Указывается на возможность существования механизма контроля численности бактерий- ассоциантов K. oxytoca VN13 во внутренних тканях корня растений, что проявляется в способности растения к синтезу определенных веществ, выступающих, прямо или косвенно, ингибиторами синтеза бактериальных пектатлиаз. Существование такого механизма могло бы пояснить почему, при высоком уровне синтеза пектиназ в условиях полной дерепрессии экспрессии соответствующих генов, эндофитная K. oxytoca VN13 не вызывает мягкой гнили растений.

Ключевые слова: Klebsiella oxytoca, пектиназа, пектатлиаза, pelX.

Summаry

Lar O. V. Cloning and analysis of the structure and a character of expression of exo- pectate lyase gene of  endophytic bacteria Klebsiella oxytoca VN13.- Manuscript.

Тhesis for a candidate’s scientific degree of biological science by speciality 03.00.22- molecular genetic. - Institute of Molecular Biology and Genetics of National Academy of Science of Ukraine, Kyiv, 2003.

This manuscript presents results of investigation of the pectate lyase activity of endophytic bacteria Klebsiella oxytoca VN13, which is used for inoculant production.

The pelX gene of Klebsiella oxytoca VN13, coding for the pectate lyase activity, was cloned and sequenced.
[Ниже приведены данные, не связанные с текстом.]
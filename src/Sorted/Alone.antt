-- ===== src/Sorted/Alone.antt =====
-- A thread that searches alone ends, and where it finds nothing there is nothing to find.
use regexkit.Base.{
  ◌==◌, if_either, sym, leb, subst, ℕ, zero, suc, ◌+◌, ◌*◌, ◌<◌, ◌≤◌, ◌≡◌, refl, arith, ltb, Bool,
  true, false, not, ◌&&◌, ◌||◌, none, List, length, if◌then◌else◌,
}
use regexkit.Foundation.{word}
use regexkit.Sorted.{
  CollectionType, is_set, is_array, is_none, Search, new_search, Thread, entering, fetching,
  leaving, ended, checking, comparing, publishing, lowering, reading, swapping, element, step,
}
use regexkit.Sorted.Threads.{run_alone}
use regexkit.Sorted.Searching.{
  is_sought, is_candidate, IsSearching, fetch, pass, lower, none-IsComplete, goes_on-within,
  goes_on-beyond, none_left, some-none,
}

module _ (kind : CollectionType) (sorted : List ℕ) (matches : ℕ → Bool) (lowest : Bool) where
  -- The search has ended, and where nothing is found no element is one to hand out.
  abbrev pub IsComplete : Search × Thread → Type 0
  IsComplete (s, t) =
      (t ≡ ended)
      × (s.matched_regex ≡ none
          → (j : ℕ) → j < length sorted
          → is_candidate kind sorted matches lowest j ≡ false)

  -- It is so after the number of steps, and stays so.
  abbrev pub Completes : ℕ → Search × Thread → Type 0
  Completes n r = (fuel : ℕ) → n ≤ fuel → IsComplete (run_alone kind sorted matches fuel r.0 r.1)

  step-Completes :
      (n : ℕ) (s : Search) (t : Thread)
      → Completes n (step kind sorted matches s t)
      → Completes (suc n) (s, t)
  unfolding run_alone
  step-Completes n s t h zero e = absurd (omega (arith, e))
  step-Completes n s t h (suc fuel) e = h fuel (omega (arith, e))

  more : (n m : ℕ) (r : Search × Thread) → n ≤ m → Completes n r → Completes m r
  more n m r e h fuel f = h fuel (omega (arith, e, f))

  ended-Completes :
      (s : Search)
      → (s.matched_regex ≡ none
          → (j : ℕ) → j < length sorted
          → is_candidate kind sorted matches lowest j ≡ false)
      → Completes 0 (s, ended)
  unfolding run_alone step
  ended-Completes s h zero e = (refl, h)
  ended-Completes s h (suc fuel) e = ended-Completes s h fuel (omega arith)

  leaving-Completes :
      (s : Search)
      → (s.matched_regex ≡ none
          → (j : ℕ) → j < length sorted
          → is_candidate kind sorted matches lowest j ≡ false)
      → Completes 1 (s, leaving)
  unfolding step
  leaving-Completes s h = step-Completes 0 s leaving (
      if_either (Completes 0) _ _ _ (λ g. ended-Completes (record s { finished = true }) h)
        (λ g. ended-Completes s h))

  -- What is left to do with the elements behind `k` takes so many steps.
  abbrev Rest : ℕ → ℕ → Type 0
  Rest n k =
      (s : Search)
      → IsSearching kind sorted matches lowest (suc k) (suc k) s
      → Completes n (s, fetching)

  publishing-Completes :
      (n k : ℕ) (s : Search)
      → IsSearching kind sorted matches lowest k (suc k) s
      → Completes (suc (suc n)) (s, publishing k)
  unfolding step
  publishing-Completes n k s v = step-Completes (suc n) s (publishing k) (
      rw v.empty
        (more 1 (suc n) _ (omega arith) (leaving-Completes _ (λ e. absurd (some-none _ e)))))

  lowering-Completes :
      (n k : ℕ) (s : Search)
      → (is_set kind || is_array kind) ≡ true
      → IsSearching kind sorted matches lowest k (suc k) s
      → is_sought kind lowest (element sorted k) ≡ false
      → Rest n k
      → Completes (suc (suc (suc n))) (s, lowering k)
  unfolding step
  lowering-Completes n k s proper v w rest =
      let unsought : is_candidate kind sorted matches lowest k ≡ false = ground (arith, w) in
      let here = s.highest_matching_array_index in
      let lowered = lower kind sorted matches lowest k (suc k) s proper v w in
      step-Completes (suc (suc n)) s (lowering k) (
        if_either (Completes (suc (suc n))) _ (s, reading k) (s, fetching)
          (λ h. step-Completes (suc n) s (reading k) (
            step-Completes n s (swapping k here) (
              if_either (Completes n) (here == here) _ (s, lowering k)
                (λ g. rest _ (pass kind sorted matches lowest k (suc k) _ lowered unsought))
                (λ g. absurd (ground (arith, g))))))
          (λ h.
            more n (suc (suc n)) _ (omega arith)
              (rest s (pass kind sorted matches lowest k (suc k) s v unsought))))

  missed-Completes :
      (n k : ℕ) (s : Search)
      → IsSearching kind sorted matches lowest k (suc k) s
      → is_candidate kind sorted matches lowest k ≡ false
      → Rest n k
      → Completes (suc (suc n)) (
          if leb (length sorted) s.at_sorted_index
          then (record s { finished = true }, leaving)
          else (s, fetching))
  missed-Completes n k s v w rest =
      if_either (Completes (suc (suc n))) (leb (length sorted) s.at_sorted_index)
        (record s { finished = true }, leaving) (s, fetching)
        (λ g. more 1 (suc (suc n)) _ (omega arith) (
          leaving-Completes (record s { finished = true })
            (λ e.
              none-IsComplete kind sorted matches lowest (suc k) (suc k) s (ground (arith, v.at, g))
                (pass kind sorted matches lowest k (suc k) s v w))))
        (λ g.
          more n (suc (suc n)) _ (omega arith)
            (rest s (pass kind sorted matches lowest k (suc k) s v w)))

  comparing-Completes :
      (n k : ℕ) (s : Search)
      → (is_set kind || is_array kind) ≡ true
      → IsSearching kind sorted matches lowest k (suc k) s
      → Rest n k
      → Completes (suc (suc (suc (suc n)))) (s, comparing k)
  unfolding step
  comparing-Completes n k s proper v rest =
      let N = suc (suc (suc n)) in
      step-Completes N s (comparing k) (
        if_either (Completes N) (matches (element sorted k)) _
          (if leb (length sorted) s.at_sorted_index
            then (record s { finished = true }, leaving)
            else (s, fetching))
          (λ m.
            if_either (Completes N) _ (s, publishing k) (s, lowering k)
              (λ a. more (suc (suc n)) N _ (omega arith) (publishing-Completes n k s v))
              (λ a. lowering-Completes n k s proper v (rw (← v.mode) a) rest))
          (λ m.
            more (suc (suc n)) N _ (omega arith)
              (missed-Completes n k s v (ground (arith, m)) rest)))

  checking-Completes :
      (n k : ℕ) (s : Search)
      → (is_set kind || is_array kind) ≡ true
      → k < length sorted
      → IsSearching kind sorted matches lowest k (suc k) s
      → Rest n k
      → Completes (n + 5) (s, checking k)
  unfolding step
  checking-Completes n k s proper e v rest = more (suc (n + 4)) (n + 5) _ (omega arith) (
      step-Completes (n + 4) s (checking k) (
        rw (goes_on-within kind sorted matches lowest k s e v) (
          if_either (Completes (n + 4)) _ _ _
            (λ h. more n (n + 4) _ (omega arith) (
              rest s (
                pass kind sorted matches lowest k (suc k) s v (v.skipped k e (ground (arith, h))))))
            (λ h.
              more (suc (suc (suc (suc n)))) (n + 4) _ (omega arith)
                (comparing-Completes n k s proper v rest)))))

  checking-beyond :
      (k : ℕ) (s : Search)
      → length sorted ≤ k
      → IsSearching kind sorted matches lowest k (suc k) s
      → Completes 2 (s, checking k)
  unfolding step
  checking-beyond k s e v = step-Completes 1 s (checking k) (
      rw (goes_on-beyond kind sorted matches lowest k s e)
        (leaving-Completes s (λ f. none-IsComplete kind sorted matches lowest k (suc k) s e v)))

  at_place :
      (n k : ℕ) (s : Search)
      → IsSearching kind sorted matches lowest k k s
      → Completes n (record s { at_sorted_index = s.at_sorted_index + 1 }, checking k)
      → Completes n
          (record s { at_sorted_index = s.at_sorted_index + 1 }, checking s.at_sorted_index)
  at_place n k s v h =
      subst (λ a. Completes n (record s { at_sorted_index = s.at_sorted_index + 1 }, checking a))
        (sym v.at) h

  fetching-Completes :
      (m k : ℕ) (s : Search)
      → (is_set kind || is_array kind) ≡ true
      → k + m ≡ length sorted
      → IsSearching kind sorted matches lowest k k s
      → Completes (6 * m + 3) (s, fetching)
  unfolding step
  fetching-Completes zero k s proper e v = step-Completes 2 s fetching (
      at_place 2 k s v
        (checking-beyond k _ (omega (arith, e)) (fetch kind sorted matches lowest k s v)))
  fetching-Completes (suc m) k s proper e v =
      more (suc (6 * m + 3 + 5)) (6 * suc m + 3) _ (omega arith) (
        step-Completes (6 * m + 3 + 5) s fetching (
          at_place (6 * m + 3 + 5) k s v (
            checking-Completes (6 * m + 3) k _ proper (omega (arith, e))
              (fetch kind sorted matches lowest k s v)
              (λ s' v'. fetching-Completes m (suc k) s' proper (omega (arith, e)) v'))))

  nothing_left :
      (s : Search)
      → IsSearching kind sorted matches lowest 0 0 s
      → (not s.finished && (is_none s.matched_regex && ltb s.at_sorted_index (length sorted)))
        ≡ false
      → length sorted ≤ 0
  nothing_left s v h = none_left (length sorted) (rw (v.going, v.empty, v.at) at h)

  entering-Completes :
      (s : Search)
      → (is_set kind || is_array kind) ≡ true
      → IsSearching kind sorted matches lowest 0 0 s
      → Completes (6 * length sorted + 4) (s, entering)
  unfolding step
  entering-Completes s proper v =
      more (suc (6 * length sorted + 3)) (6 * length sorted + 4) _ (omega arith) (
        step-Completes (6 * length sorted + 3) s entering (
          if_either (Completes (6 * length sorted + 3)) _ (s, fetching) (s, leaving)
            (λ h. fetching-Completes (length sorted) 0 s proper (omega arith) v)
            (λ h. more 1 (6 * length sorted + 3) _ (omega arith) (
              leaving-Completes s
                (λ e. none-IsComplete kind sorted matches lowest 0 0 s (nothing_left s v h) v)))))

-- A thread that searches a set or an array alone ends within six steps for an element and four more,
-- and where it finds nothing, no element matches that the search may hand out: any that matches, or
-- where the lowest index of an array is sought, the first alone.
pub run_alone-IsComplete :
    (kind : CollectionType) (sorted : List ℕ) (matches : ℕ → Bool) (lowest : Bool) (fuel : ℕ)
    → (is_set kind || is_array kind) ≡ true
    → ((j : ℕ) → j < length sorted → element sorted j < word)
    → 6 * length sorted + 4 ≤ fuel
    → IsComplete kind sorted matches lowest
        (run_alone kind sorted matches fuel (new_search lowest) entering)
run_alone-IsComplete kind sorted matches lowest fuel proper small enough =
    entering-Completes kind sorted matches lowest (new_search lowest) proper
      (record {
        mode = refl;
        at = refl;
        going = refl;
        empty = refl;
        positive = omega arith;
        skipped = λ j e f. absurd (omega (arith, small j e, f));
        passed = λ j e f. absurd (omega (arith, f));
      })
      fuel enough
Coding and regulatory regions of pelX were analyzed. Two boxes for the KdgR repressor binding located in the promoter region were founded. Amino- terminal signal sequence for PelX was deduced, this indicate possible extracytoplasmatic location of PelX protein.

The mutant with the defect chromosomal copy of the pelX gene has been constructed and the presence of additional pectate lyase gene (-s) in the Klebsiella oxytoca VN13 genome was revealed. Fusion of the pelX promoter part and the coding part of the lacZ gene, coding for в – galactosidase activity, has been constructed. Constitutive character of the pelX expression and the absence of the pelX expression level  elevation, when the polygalacturonate and the plant extract are added, indicate the possible role of pelX as the pectinolysis activator.

The possibility of the control mechanism for pectolytic activity and the number of bacteria associated with the internal plants tissues are surmise. It is possible, that the plant is able to produce certain substances- bacteria pectinase production inhibitors.  

Key words: Klebsiella oxytoca, pectinase, pectate lyase, pelX.